O cancro da tiróide pode não causar
qualquer sintoma de início, mas ao crescer pode provocar dor ou uma saliência
no pescoço. Pode ainda ser causa de alterações na voz, rouquidão ou
engasgamento fácil. A maior parte dos nódulos que podem surgir na tiróide
são benignos, e são cerca de quatro vezes mais frequentes no sexo feminino.

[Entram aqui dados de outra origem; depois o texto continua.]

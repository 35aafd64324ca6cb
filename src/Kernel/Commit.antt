-- ===== src/Kernel/Commit.antt =====
-- `commitMutation` of src/kernel/cluster-kernel.ts.
use db_cluster.Prelude.{String, Option, none, some, List, [], ◌∷◌, if◌then◌else◌}
use db_cluster.Json.{str, obj, Fields, field, end, spread}
use db_cluster.Errors.{
  Error, command_not_found, command_not_validated, command_rejected, command_already_terminal,
  invalid_state_transition,
}
use db_cluster.Commands.{
  Command, CommandStatus, proposed, committed, rejected, compensated, status_name, verb_name,
  is_committable, is_committed, mark_committed, valid_transitions,
}
use db_cluster.Ledger.Types.{Receipt}
use db_cluster.Stores.{Host}
use db_cluster.Kernel.Stored.{get_stored}
use db_cluster.Kernel.Action.{Action, draw, on_commands, check, pure, throw_error, catch, ◌>>=◌}
use db_cluster.Kernel.Recording.{
  record_provenance, emit_receipt, orphaned, save_command, assert_actor_text,
}
use db_cluster.Kernel.Arms.{Mutated, mutate_by}

-- `CommitMutationResult`
pub record CommitMutationResult : Type 0 where
  pub command : Command
  pub receipt : Receipt
  pub next_valid_actions : List CommandStatus

-- what is thrown for a command that is not committable, by its status
unfoldable pub commit_refusal : String → Command → CommandStatus → Error
unfolding status_name
commit_refusal id c rejected =
    command_rejected id (elim c.rejection_reason [ none ↦ "Previously rejected" | some r ↦ r ])
commit_refusal id c proposed = command_not_validated id
commit_refusal id c committed = command_already_terminal id (status_name committed)
commit_refusal id c compensated = command_already_terminal id (status_name compensated)
commit_refusal id c status = invalid_state_transition (status_name status) "committed" id

-- `affectedIds[0] ?? commandId`
abbrev pub first_or : List String → String → String
first_or [] id = id
first_or (a ∷ rest) id = a

abbrev previous_fields : Option Fields → Fields
previous_fields none = end
previous_fields (some f) = field "previous" (obj f) end

-- the detail of the orphan event
unfoldable pub orphan_detail : (actor : String) → Command → Fields
unfolding verb_name
orphan_detail actor c =
    field "verb" (str (verb_name c.verb))
      (field "payload" (obj c.payload) (field "actorId" (str actor) end))

module _ {W : Type 0} (host : Host W) where
  -- the check in front of the receipt
  unfoldable pub guard_committed : Command → Action W (Unit {0})
  guard_committed c =
      if is_committed c.status
      then pure tt
      else throw_error (invalid_state_transition (status_name c.status) "committed" c.id)

  -- the `try` behind the mutation
  unfoldable pub record_commit :
      (id actor : String) → Command → Command → Mutated → Action W CommitMutationResult
  unfolding record_provenance save_command emit_receipt valid_transitions verb_name spread
      status_name
  record_commit id actor c done m = do
    provenance ←
        record_provenance host "mutation_committed" actor (first_or m.affected id) c.target_store
          (spread
            (field "commandId" (str id)
              (field "verb" (str (verb_name c.verb)) (field "payload" (obj c.payload) end)))
            (previous_fields m.previous))
          m.parent
    _ ← save_command host done
    _ ← guard_committed done
    receipt ← emit_receipt host done m.summary m.affected provenance.id
    pure (record {
      command = done;
      receipt = receipt;
      next_valid_actions = valid_transitions done.status;
    })

  -- the writes behind the mutation, and their `catch`
  unfoldable pub conclude_commit :
      (id actor : String) → Command → Command → Mutated → Action W CommitMutationResult
  unfolding record_commit orphaned orphan_detail
  conclude_commit id actor c done m =
      catch (record_commit id actor c done m)
        (orphaned host (first_or m.affected id) m.subject_store id (orphan_detail actor c))

  unfoldable pub commit_ready : (id actor : String) → Command → Action W CommitMutationResult
  unfolding mutate_by mark_committed conclude_commit
  commit_ready id actor c = do
    m ← mutate_by host id actor c c.verb
    now ← draw host.now
    done ← check (mark_committed now c (some actor))
    conclude_commit id actor c done m

  -- `commitMutation`, by what `getCommand` gives
  unfoldable pub commit_found : (id actor : String) → Option Command → Action W CommitMutationResult
  unfolding commit_ready commit_refusal
  commit_found id actor none = throw_error (command_not_found id)
  commit_found id actor (some c) =
      if is_committable c.status
      then commit_ready id actor c
      else throw_error (commit_refusal id c c.status)

  -- `commitMutation`
  unfoldable pub commit_mutation : (id actor : String) → Action W CommitMutationResult
  unfolding assert_actor_text get_stored commit_found
  commit_mutation id actor = do
    _ ← assert_actor_text host "actorId" actor
    found ← on_commands (get_stored id)
    commit_found id actor found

Se notar algum destes sintomas ou sinais deve
consultar o seu médico. Ele deverá fazer todos os anos uma palpação local e do
pescoço, e poderá neste caso requisitar exames como análises de sangue ou
ecografia. Só com a avaliação médica saberemos se os nódulos da tiróide em cada
caso são benignos ou malignos.
O cancro da tiróide tem tratamento. Exige um
diagnóstico precoce e orientação por equipas hospitalares diferenciadas, com
Endocrinologia, Cirurgia Endócrina, Radiologia, Anatomia Patológica, Patologia
Clínica e Medicina Nuclear. O tratamento
consiste, em regra, numa cirurgia para remover a glândula tiróide, que na maior
parte das vezes será curativa sem necessidade de tratamentos adjuvantes. Pode,
contudo, ser necessária uma cirurgia mais extensa para remover também gânglios
do pescoço, ou um tratamento médico com Iodo 131, nos casos em que células
malignas se tenham disseminado para além da tiróide.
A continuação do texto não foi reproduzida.